Giovanni Giupponi bio photo

Giovanni Giupponi

Primum philosophari. Deinde vivere.

LinkedIn Github

TL;DR Over time, resources provisioned for different RDS instances might get out of sync with applications demand. It is a very good practice to revise RDS and application metrics periodically to inspect the possibility of downscaling, which can lead to considerable savings without sensibly reducing Quality of Service. The post shows quantitatively how a ~ 12614 dollars reduction in RDS annual bill was achieved.

Generating revenue is arguably the main goal of a private company, however it is quite difficult to contribute to this effort from a pure technical perspective. It is much easier to help companies by reducing costs, which is nonetheless very important. Technical infrastructures are quite expensive, so it is crucial to optimize their usage to reduce cost.

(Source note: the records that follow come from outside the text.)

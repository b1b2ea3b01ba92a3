-- ===== src/Tnum/Members.antt =====
-- The numbers that a tracked number stands for (`concretize` of src/smt/tnum.rs and the membership
-- test of src/smt/verify.rs), and what membership says of each bit.
use rand_verifier.Prelude.{
  ℕ, ◌+◌, ◌-◌, ◌^◌, ◌≤◌, ◌<◌, min, bit_and, ◌≡◌, arith, ap, Bool, true, ◌==◌, ==_iff,
}
use native.Mathlib.Decide.{dec_lt}
use rand_verifier.Word.{not64}
use rand_verifier.Word.Bits.{
  bit, bit-le-one, bit-bit_and, bit_ext, bit_above, bit-complement, bit-zero, bit_and-lt,
  le_of_bits, Between, bit-add_disjoint,
}
use rand_verifier.Tnum.{Tnum}

-- `(x & !mask) == (value & !mask)`.
unfoldable pub contains : Tnum → ℕ → Bool
contains t x = bit_and x (not64 t.mask) == bit_and t.value (not64 t.mask)

-- `x` is a `u64` that `t` stands for.
pub record Contains (t : Tnum) (x : ℕ) : Type 0 where
  pub fits : x < 2 ^ 64
  pub member : contains t x ≡ true

-- Both fields are `u64`, and no bit is both known to be 1 and unknown.
pub record IsNormal (t : Tnum) : Type 0 where
  pub value_fits : t.value < 2 ^ 64
  pub mask_fits : t.mask < 2 ^ 64
  pub disjoint : bit_and t.value t.mask ≡ 0

-- A complement's bits, below 64.
pub bit-not64 : (i x : ℕ) → x < 2 ^ 64 → i < 64 → bit i (not64 x) ≡ 1 - bit i x
bit-not64 i x p h = bit-complement 64 i x p h

pub bit_masked :
    (i x m : ℕ) → m < 2 ^ 64 → i < 64 → bit i (bit_and x (not64 m)) ≡ min (bit i x) (1 - bit i m)
bit_masked i x m p h = omega (arith, bit-bit_and i x (not64 m), bit-not64 i m p h)

-- Bit `i` of `x` is that of the value, or is unknown.
abbrev pub Agrees : Tnum → ℕ → ℕ → Type 0
Agrees t x i = (bit i x ≤ bit i t.value + bit i t.mask) × (bit i t.value ≤ bit i x + bit i t.mask)

pub Contains-Agrees : {t : Tnum} {x : ℕ} → IsNormal t → Contains t x → (i : ℕ) → Agrees t x i
unfolding contains
Contains-Agrees {t} {x} n c i = elim (dec_lt i 64) [
  | yes lt ↦ omega (
    arith,
    bit_masked i x t.mask n.mask_fits lt,
    bit_masked i t.value t.mask n.mask_fits lt,
    ap (bit i) ((==_iff _ _).0 c.member),
    bit-le-one i x,
    bit-le-one i t.value,
  )
  | no ge ↦ omega (
    arith,
    bit_above 64 i x c.fits (omega arith),
    bit_above 64 i t.value n.value_fits (omega arith),
  )
]

pub Contains-of_bits :
    (t : Tnum) (x : ℕ) → IsNormal t → x < 2 ^ 64 → ((i : ℕ) → i < 64 → Agrees t x i) → Contains t x
unfolding contains
Contains-of_bits t x n p h = record {
  fits = p;
  member = (==_iff _ _).1 (
      bit_ext 64 _ _ (bit_and-lt 64 x _ p) (bit_and-lt 64 t.value _ n.value_fits) λ i l. omega (
        arith,
        bit_masked i x t.mask n.mask_fits l,
        bit_masked i t.value t.mask n.mask_fits l,
        h i l,
        bit-le-one i t.mask,
        bit-le-one i x,
        bit-le-one i t.value,
      ));
}

pub IsNormal-bit : {t : Tnum} → IsNormal t → (i : ℕ) → bit i t.value + bit i t.mask ≤ 1
IsNormal-bit {t} n i = omega (
  arith,
  bit-bit_and i t.value t.mask,
  ap (bit i) n.disjoint,
  bit-zero i,
  bit-le-one i t.value,
  bit-le-one i t.mask,
)

pub IsNormal-of_bits :
    (t : Tnum)
    → t.value < 2 ^ 64
    → t.mask < 2 ^ 64
    → ((i : ℕ) → i < 64 → bit i t.value + bit i t.mask ≤ 1)
    → IsNormal t
IsNormal-of_bits t p q h = record {
  value_fits = p;
  mask_fits = q;
  disjoint =
      bit_ext 64 _ 0 (bit_and-lt 64 t.value t.mask p) (omega arith)
        λ i l. omega (arith, bit-bit_and i t.value t.mask, bit-zero i, h i l);
}

-- A member lies bitwise between the value and the value with every unknown bit set.
pub Contains-Between :
    {t : Tnum} {x : ℕ} → IsNormal t → Contains t x → Between t.value x (t.value + t.mask)
Contains-Between {t} {x} n c i = omega (
  arith,
  bit-add_disjoint i t.value t.mask (IsNormal-bit n),
  IsNormal-bit n i,
  Contains-Agrees n c i,
  bit-le-one i x,
  bit-le-one i t.mask,
)

-- The value with every unknown bit set is a `u64` too.
pub value-mask-lt : {t : Tnum} → IsNormal t → t.value + t.mask < 2 ^ 64
value-mask-lt {t} n =
    omega (arith, n.value_fits, le_of_bits 64 t.mask (not64 t.value) n.mask_fits unset)
  where
    unset : (i : ℕ) → bit i t.mask ≤ bit i (not64 t.value)
    unset i = elim (dec_lt i 64) [
      | yes lt ↦ omega (arith, bit-not64 i t.value n.value_fits lt, IsNormal-bit n i)
      | no ge ↦ omega (arith, bit_above 64 i t.mask n.mask_fits (omega arith))
    ]

pub Agrees-of_known :
    (t : Tnum) (x i : ℕ) → (bit i t.mask ≡ 0 → bit i x ≡ bit i t.value) → Agrees t x i
Agrees-of_known t x i h = elim (dec_lt 0 (bit i t.mask)) [
  | yes unknown ↦ omega (arith, bit-le-one i x, bit-le-one i t.value)
  | no known ↦ omega (arith, h (omega arith))
]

Over time, data streaming in and out of your infrastructure and data processing within your platform can drastically change due to different and disparate reasons. In any case, this has to be reflected into the infrastructure itself, that has to adapt to the changed loads guaranteeing Quality of Service while minimizing costs.

In here, we report the metrics analysis and post-downscaling checks that resulted in an ~ 12614 dollars cost reduction.

From the end

Many RDS instances were resized up or down, but we focus only on two:

  • an eu-west-1 multiAZ deployment was modified from r3.2xlarge to m3.xlarge
  • a us-west-2 read replica was modified from r3.large to m3.medium

At application level, we used New Relic to make sure that Quality of Service was not degraded significantly, i.e. users would not notice any difference.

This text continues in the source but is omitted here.